Section 8.02.Seal. The seal of the Corporation shall be in the form adopted by the Board of Directors. The seal may be used by causing it or a facsimile thereof to be impressed, affixed or reproduced, or in any other lawful manner.
Section 8.03.Books and Records. Except to the extent otherwise required by law, the books and records of the Corporation shall be kept at such place or places (within or without the State of New York) as may be determined from time to time by the Board of Directors.

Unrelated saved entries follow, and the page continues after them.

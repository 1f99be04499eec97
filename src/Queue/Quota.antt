-- ===== src/Queue/Quota.antt =====
-- What `release` of ProcessQueueImpl.cpp does in each message model.
use rocketmq_client_cpp.Prelude.{ℕ, ◌≡◌, refl, some}
use rocketmq_client_cpp.Types.{clustering}
use rocketmq_client_cpp.Queue.{
  Consumer, ProcessQueue, release, release_tracked, with_offsets, release_quota,
}

pub release-clustering :
    (c : Consumer) (size o : ℕ) (q : ProcessQueue)
    → c.message_model ≡ clustering
    → release (some c) size o q ≡ some (release_quota size q)
unfolding release release_tracked with_offsets
release-clustering c size o q e = rw (e, release_tracked) refl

Section 8.04.Independent Public Accountant. The Board of Directors may annually appoint an independent public accountant or firm of independent public accountants to audit the books of the Corporation for each fiscal year.
ARTICLE IX
AMENDMENTS
Section 9.01.Amendments. All ByLaws of the Corporation, whether adopted by the Board of Directors or the stockholders, shall be subject to amendment or repeal, and new ByLaws may be made, by the affirmative vote or written consent of the holders of a majority of the outstanding shares of stock of the Corporation entitled to vote. All ByLaws of the Corporation, other than this Section and any other Section that provides it may be amended or repealed only by the stockholders, whether adopted by the Board of Directors or the stockholders, shall be subject to amendment or repeal and new ByLaws may be made by resolution adopted by a majority of the whole Board of Directors, provided, however that ByLaws which by their terms are subject to amendment or repeal only by the stockholders shall prevail over new ByLaws made by the Board of Directors. Notwithstanding anything herein to the contrary, no amendment or repeal of Article VII of these ByLaws shall affect adversely any then existing rights of any Director or officer.